This is divisism sown by billionaires of all ages.

We're all in the same cohort, y'all, the find out generation, brought up by the fuck around generation.
posted by seanmpuckett at 5:06 AM on March 7 [19 favorites]


I'm Gen X, and I think for our cohort it's kind of a split. Maybe half (??) of us made the right the financial decisions and were in the right place at the right time (though less so than Boomers to be sure), and are doing a-ok financially, with a nice pension/retirement to look forward to. The other half of Gen X are those of us who made the "wrong" financial decisions, like not buying house when they were cheap, are just as screwed as millenials and Gen Z. More screwed, because we're gonna be too old to work in a decade or so.

This matches what I see anecdotally around me. People who started with some advantages (like parents who helped pay for their education), didn't end up with crushing student loans, maybe bought a house 15+ years ago, and got onto some kind of career path are doing ok (albeit still with a lot of precarity, especially now that this cohort is starting to have to deal with elder care for their parents). But people who didn't have those starting advantages, or who made financial or job choices along the way that turned out badly, are in a really crappy situation, plus starting to face age discrimination in the workplace.

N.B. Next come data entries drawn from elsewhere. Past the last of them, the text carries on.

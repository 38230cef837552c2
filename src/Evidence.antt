-- ===== src/Evidence.antt =====
-- domain/evidence.rs: the evidence of one repository, and of the organisation.
pub mod ReadState
pub mod Coverage
pub mod Wire
pub mod Written
use gh_report.Prelude.{ℕ, Bool, true, false, not, ◌&&◌, Option, List, Text}
use gh_report.Checks.{RepositoryChecks}
use gh_report.Checks.SecurityPolicy
use gh_report.Checks.SecurityPolicy.{SecurityPolicyStatus}
use gh_report.Checks.SecretScanning
use gh_report.Checks.SecretScanning.{SecretScanningStatus}
use gh_report.Checks.Dependabot.{DependabotStatus}
use gh_report.Checks.BranchProtection
use gh_report.Checks.Codeowners
use gh_report.Checks.Codeowners.{CodeownersStatus}
use gh_report.Repository.{Repository}
use gh_report.Org.{AuthMode, TokenTier, Capability, OrgAlertSummary}
use Coverage.{CollectionCoverage}

pub record LastCommitInfo : Type 0 where
  pub committer_login : Option Text
  pub committer_name : Option Text
  pub commit_date : Option Text

pub record RepositoryEvidence : Type 0 where
  pub repository : Repository
  pub checks : RepositoryChecks
  pub last_commit : Option LastCommitInfo
  pub repo_details_not_modified : Bool

abbrev pub policy_known : SecurityPolicyStatus → Bool
policy_known SecurityPolicyStatus.unknown = false
policy_known _ = true

abbrev pub scanning_known : SecretScanningStatus → Bool
scanning_known SecretScanningStatus.unknown = false
scanning_known _ = true

abbrev pub dependabot_known : DependabotStatus → Bool
dependabot_known DependabotStatus.unknown = false
dependabot_known _ = true

abbrev pub codeowners_known : CodeownersStatus → Bool
codeowners_known CodeownersStatus.unknown = false
codeowners_known _ = true

-- `RepositoryEvidence::is_complete`
unfoldable pub is_complete : RepositoryEvidence → Bool
is_complete e =
    policy_known (SecurityPolicy.status e.checks.security_policy)
    && (scanning_known (SecretScanning.status e.checks.secret_scanning)
        && (dependabot_known e.checks.dependabot_security_updates.status
            && (BranchProtection.is_observed e.checks.branch_protection
                && codeowners_known (Codeowners.status e.checks.codeowners))))

pub record AssessmentMetadata : Type 0 where
  pub date : Text
  pub organization : Text
  pub schema_version : Text
  pub run_timestamp : Text
  pub run_id : Text
  pub token_tier : TokenTier
  pub token_scopes : Text
  pub auth_mode : AuthMode
  pub rate_limit_warnings : ℕ  -- u32
  pub unavailable_capabilities : List Capability
  pub inventory_fetched_at : Option Text
  pub warm_start : Bool
  pub coverage : CollectionCoverage

pub record OrgStateSnapshot : Type 0 where
  pub archived_repos : ℕ  -- u32
  pub assessment_metadata : AssessmentMetadata
  pub alert_summary : OrgAlertSummary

I see sort of the same thing with boomers I know, where the ones for whom things worked out are doing very well (better than the equivalent Gen X person), but plenty are living very financially-constrained lives, with no savings and reliant purely on Social Security and whatever else the formal and informal safety net can provide.
posted by Dip Flash at 5:24 AM on March 7 [7 favorites]


I was born in 76, and I remember a period in the very early days of Gen X being a thing that the lower age cut-off was like 74 or 75 and the upper age cut off for Gen Y was like 1980 and I joked that demographically I did not exist.
posted by thivaia at 5:40 AM on March 7 [13 favorites]

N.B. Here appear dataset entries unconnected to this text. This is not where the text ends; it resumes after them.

-- ===== src/Metrics/Owners.antt =====
-- domain/metrics.rs: who owns a repository by its CODEOWNERS file, and the teams among the owners.
use gh_report.Prelude.{
  sort_by, split_once, ℕ, Bool, true, false, not, ◌&&◌, ◌||◌, Option, none, some, List, [], ◌∷◌,
  ◌++◌, Text, codes, ◌==◌, ◌>>=◌, is_some, is_empty, any, keep, strip_prefix, starts_with, text_cmp,
  then_some, filter_map, Ordering,
}
use gh_report.OrderedMap.{OrderedMap}
use gh_report.OrderedMap
use gh_report.Checks.Codeowners
use gh_report.Checks.Codeowners.{ParsedCodeowners}
use gh_report.Evidence.{RepositoryEvidence}

abbrev pub is_active : RepositoryEvidence → Bool
is_active r = not r.repository.archived

abbrev pub contains : ℕ → Text → Bool
contains c = any (λ d. d == c)

-- `* ? [ ] !`
abbrev is_glob : ℕ → Bool
is_glob c = c == b'*' || (c == b'?' || (c == b'[' || (c == b']' || c == b'!')))

unfoldable pub team_slug_from_canonical_owner : Text → Option Text
unfolding strip_prefix split_once
team_slug_from_canonical_owner owner = do
  stripped ← strip_prefix (codes "@") owner
  (org, slug) ← split_once b'/' stripped
  then_some (not (is_empty slug) && not (any is_glob slug)) slug

unfoldable pub is_wildcard_owner : Text → Bool
unfolding starts_with team_slug_from_canonical_owner
is_wildcard_owner owner =
    starts_with (codes "@") owner
    && (contains b'/' owner && not (is_some (team_slug_from_canonical_owner owner)))

-- one owner's entry: the first spelling that was seen, and the repositories
abbrev pub OwnerEntry : Type 0
OwnerEntry = Text × List RepositoryEvidence

-- an owner's entry with one more repository, begun by `or_insert_with` where there is none
abbrev pub push_into : Option OwnerEntry → Text → RepositoryEvidence → OwnerEntry
push_into none owner repo = (owner, repo ∷ [])
push_into (some (display, repos)) owner repo = (display, repos ++ repo ∷ [])

unfoldable pub push_repo :
    Text → Text → RepositoryEvidence → OrderedMap OwnerEntry → OrderedMap OwnerEntry
push_repo key owner repo m = OrderedMap.insert key (push_into (OrderedMap.get key m) owner repo) m

-- `not (a > b)` on pairs of strings
abbrev pair_leb : Text × Text → Text × Text → Bool
pair_leb (a, s) (b, t) = elim (text_cmp a b) [
  | Ordering.lt ↦ true
  | Ordering.gt ↦ false
  | Ordering.eq ↦ elim (text_cmp s t) [ Ordering.gt ↦ false | _ ↦ true ]
]

-- `str::to_lowercase` is a parameter
module _ (to_lowercase : Text → Text) where
  -- the loop over one repository's owners
  unfoldable pub push_owners :
      RepositoryEvidence → List Text → OrderedMap OwnerEntry → OrderedMap OwnerEntry
  unfolding push_repo
  push_owners repo [] m = m
  push_owners repo (owner ∷ owners) m =
      push_owners repo owners (push_repo (to_lowercase owner) owner repo m)

  unfoldable pub push_parsed :
      RepositoryEvidence → Option ParsedCodeowners → OrderedMap OwnerEntry → OrderedMap OwnerEntry
  unfolding push_owners
  push_parsed repo none m = m
  push_parsed repo (some parsed) m = push_owners repo parsed.unique_owners m

  -- the loop over the repositories
  unfoldable pub push_repos :
      List RepositoryEvidence → OrderedMap OwnerEntry → OrderedMap OwnerEntry
  unfolding push_parsed
  push_repos [] m = m
  push_repos (repo ∷ repos) m =
      push_repos repos (push_parsed repo (Codeowners.parsed_of repo.checks.codeowners) m)

  unfoldable pub build_owner_repo_map : List RepositoryEvidence → OrderedMap OwnerEntry
  unfolding push_repos
  build_owner_repo_map repositories = push_repos (keep is_active repositories) []

  unfoldable pub team_owner_slugs : List RepositoryEvidence → List (Text × Text)
  unfolding build_owner_repo_map team_slug_from_canonical_owner sort_by
  team_owner_slugs repositories = sort_by pair_leb (
      filter_map (λ entry. do slug ← team_slug_from_canonical_owner entry.0; some (entry.0, slug))
        (build_owner_repo_map repositories))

 I joked that demographically I did not exist.
Depends on the definition.
posted by Ashwagandha at 6:09 AM on March 7 [2 favorites]


I remember the NYTimes capitalizing on the Xennial trend a few years back with a quiz purported to help those of us born between about 76 and 83 decide if we feel we’re more X or Millennial.

My favorite comment on the socials about it was something to the effect: “I know I’m GenX because there’s no way I’m taking that fucking quiz.”
posted by heyitsgogi at 6:20 AM on March 7 [18 favorites]


I'm not a Boomer, damnit. We're the first ones that got shafted by them. :)

Yeah, I remember when Boomers were telling me about these things called "pensions" and "retirement".
posted by mikelieman at 6:40 AM on March 7 [11 favorites]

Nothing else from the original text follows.